When Gus met his father’s declaration of love for him by standing up, pointing at the stage and shouting through tears “That’s my dad!,” my heart exploded.

My son’s third-grade teacher once asked his class of various neurodivergent children, “What do you want to be when you grow up?” He responded, “I just want to be a good dad.” I have never felt more recognized and honored in my life.

Neurotypical people have something important to learn from Gus Walz’s unfiltered love, my son’s thinking and Ms. Brown’s son’s (Georgie’s) matter-of-fact honesty.
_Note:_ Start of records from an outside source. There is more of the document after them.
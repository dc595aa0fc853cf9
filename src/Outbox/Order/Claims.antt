-- ===== src/Outbox/Order/Claims.antt =====
-- Claiming keeps the order of the outbox.
use mathlib.Core.List.{Memᴰ}
use kafkaman.Base.{
  ℕ, ◌≡◌, ◌≢◌, ◌&&◌, ltb, ◌==◌, subst, sym, ap, ◌∙◌, Bool, true, false, List, ◌⊎◌, inl, inr, arith,
  String, if◌then◌else◌, Bool-cases, ==_iff,
}
use kafkaman.Base.Table.{update_where-mem, exists_where-mem, mem-exists_where}
use kafkaman.Core.Status.{OutboxStatus}
use kafkaman.Outbox.{OutboxRow, sql_text_eq_symm, same_entity, has_status}
use kafkaman.Outbox.Claim.{
  is_candidate, candidates, to_superseded, stale_behind, listed, to_claimed, claim_rows,
}
use kafkaman.Outbox.Order.{IsActive, IsOrdered}
use kafkaman.Outbox.Order.Image.{KeepsIdentity, IsOrdered-image}
use kafkaman.Outbox.Order.Candidates.{
  candidates-mem, candidate-IsActive, candidate-in_flight, candidate-newest, candidates_agree,
}

-- The claim statement, row by row.
module _ {Json : Type 0} (now limit : ℕ) (locked : OutboxRow Json → Bool) (lease_for claim_id : ℕ)
    (worker_id : String) {rows : List (OutboxRow Json)} (i : IsOrdered rows) where
  abbrev heads : List (OutboxRow Json)
  heads = candidates now limit locked rows

  abbrev superseded_row : OutboxRow Json → OutboxRow Json
  superseded_row r = if stale_behind heads r then to_superseded r else r

  pub claimed_row : OutboxRow Json → OutboxRow Json
  claimed_row r =
      if listed heads (superseded_row r)
      then to_claimed now lease_for claim_id worker_id (superseded_row r)
      else superseded_row r

  pub claimed_row-KeepsIdentity : KeepsIdentity claimed_row
  unfolding claimed_row to_superseded to_claimed
  claimed_row-KeepsIdentity = record {
    id = λ r. ground arith;
    ordinal = λ r. ground arith;
    entity = λ r. ground arith;
  }

  -- A row of the table that is listed is itself a candidate.
  listed-is_candidate :
      (r : OutboxRow Json) → Memᴰ r rows → listed heads r ≡ true → is_candidate now rows r ≡ true
  unfolding listed
  listed-is_candidate r mr h =
      let (c, mc, e) = exists_where-mem (λ x. r.message_id == x.message_id) heads h in
      let (old, fit, free) = candidates-mem now limit locked rows mc in
      subst (λ x. is_candidate now rows x ≡ true)
        (sym (i.one_row r c mr old ((==_iff r.message_id c.message_id).0 e))) fit

  listed-superseded_row : (r : OutboxRow Json) → listed heads (superseded_row r) ≡ listed heads r
  unfolding to_superseded
  listed-superseded_row r = same_id (superseded_row r) r (ground arith)
    where
      same_id :
          (a b : OutboxRow Json) → a.message_id ≡ b.message_id → listed heads a ≡ listed heads b
      same_id a b e = unfold listed in rw e

  -- No row is both claimed and superseded: the two updates of the statement touch disjoint rows.
  pub claim_disjoint :
      (r : OutboxRow Json) → Memᴰ r rows → listed heads r ≡ true → stale_behind heads r ≡ false
  unfolding stale_behind
  claim_disjoint r mr h = elim (Bool-cases (stale_behind heads r)) [
    | inr e ↦ e
    | inl e ↦
        let (c, mc, q) = exists_where-mem _ heads e in
        let (old, fit, free) = candidates-mem now limit locked rows mc in
        ground (arith, candidates_agree now i r c mr old, listed-is_candidate r mr h)
  ]

  pub claim_rows-mem :
      (r' : OutboxRow Json)
      → Memᴰ r' (claim_rows now limit locked lease_for claim_id worker_id rows)
      → (r : OutboxRow Json) × Memᴰ r rows × (r' ≡ claimed_row r)
  unfolding claim_rows claimed_row
  claim_rows-mem r' m =
      let (t, mt, p) =
        update_where-mem (listed heads) (to_claimed now lease_for claim_id worker_id) _ m in
      let (r, mr, q) = update_where-mem (stale_behind heads) to_superseded rows mt in
      (
        r,
        mr,
        p ∙ ap (λ x. if listed heads x then to_claimed now lease_for claim_id worker_id x else x) q,
      )

  claimed_row-publishing :
      (r : OutboxRow Json)
      → (claimed_row r).status ≡ OutboxStatus.publishing
      → (listed heads r ≡ true) ⊎ (r.status ≡ OutboxStatus.publishing)
  unfolding claimed_row to_superseded to_claimed
  claimed_row-publishing r h = ground (arith, listed-superseded_row r)

  -- What stays pending was pending, and is neither claimed nor superseded.
  claimed_row-pending :
      (r : OutboxRow Json)
      → (claimed_row r).status ≡ OutboxStatus.pending
      → (listed heads r ≡ false)
        × (stale_behind heads r ≡ false)
        × (r.status ≡ OutboxStatus.pending)
  unfolding claimed_row to_superseded to_claimed
  claimed_row-pending r h = ground (arith, listed-superseded_row r)

  claimed_row-published :
      (r : OutboxRow Json)
      → (claimed_row r).status ≡ OutboxStatus.published
      → r.status ≡ OutboxStatus.published
  unfolding claimed_row to_superseded to_claimed
  claimed_row-published r h = ground (arith, listed-superseded_row r)

  pub claimed_row-IsActive :
      (r : OutboxRow Json) → Memᴰ r rows → IsActive (claimed_row r) → IsActive r
  claimed_row-IsActive r mr h = ground (
    arith,
    claimed_row-publishing r,
    claimed_row-pending r,
    listed-is_candidate r mr,
    candidate-IsActive now rows r,
  )

  -- A claimed row that was pending is newer than all that stay pending.
  claimed_first :
      (r s : OutboxRow Json)
      → Memᴰ r rows
      → Memᴰ s rows
      → same_entity r s ≡ true
      → listed heads r ≡ true
      → r.status ≡ OutboxStatus.pending
      → listed heads s ≡ false
      → s.status ≡ OutboxStatus.pending
      → stale_behind heads s ≢ false
  unfolding listed stale_behind
  claimed_first r s mr ms e lr pr ls ps h =
      let (c, mc, q) = exists_where-mem (λ x. r.message_id == x.message_id) heads lr in
      let (old, fit, free) = candidates-mem now limit locked rows mc in
      let same : r ≡ c = i.one_row r c mr old ((==_iff r.message_id c.message_id).0 q) in
      ground (
        arith,
        mem-exists_where
            (λ x.
              same_entity s x
              && (has_status OutboxStatus.pending s && ltb s.enqueue_order x.enqueue_order))
            mc,
        candidate-newest now r s ms e (unfold listed in listed-is_candidate r mr lr) pr ps,
        i.one_ordinal r s mr ms,
        sql_text_eq_symm r.entity_key s.entity_key e,
      )

  -- A claim keeps the order of the outbox.
  pub claim_rows-IsOrdered :
      IsOrdered (claim_rows now limit locked lease_for claim_id worker_id rows)
  claim_rows-IsOrdered =
      IsOrdered-image i claimed_row claimed_row-KeepsIdentity claim_rows-mem
        (λ r s mr ms e a b. ground (
          arith,
          claimed_row-publishing r a,
          claimed_row-publishing s b,
          listed-is_candidate r mr,
          listed-is_candidate s ms,
          candidate-IsActive now rows r,
          candidate-IsActive now rows s,
          candidates_agree now i r s mr ms e,
          candidate-in_flight now r s ms e,
          candidate-in_flight now s r mr (sql_text_eq_symm r.entity_key s.entity_key e),
          i.one_in_flight r s mr ms e,
        ))
        (λ r s mr ms e a b. ground (
          arith,
          claimed_row-publishing r a,
          claimed_row-pending s b,
          listed-is_candidate r mr,
          candidate-IsActive now rows r,
          claimed_first r s mr ms e,
          i.in_flight_first r s mr ms e,
        ))
        (λ r s mr ms e a b. ground (
          arith,
          claimed_row-published r a,
          claimed_row-IsActive s ms b,
          i.published_first r s mr ms e,
        ))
In our constant reading of others, we can miss the truth of our own experience.

Paul Siegel New York The writer is a professor of psychology at Westchester Community College and Purchase College, SUNY.

Who knew that Tina Brown and I might ever have anything in common, let alone that we could share a gigantic part of our emotional makeup as parents of neurodivergent children. The cult of Trump has amply demonstrated what Ms. Brown, Gwen and Tim Walz, and countless other devoted parents like us already know: Too many of the cruel, tiny-minded bullies who mocked and stalked our kids starting in early childhood have grown into adults who are just like that.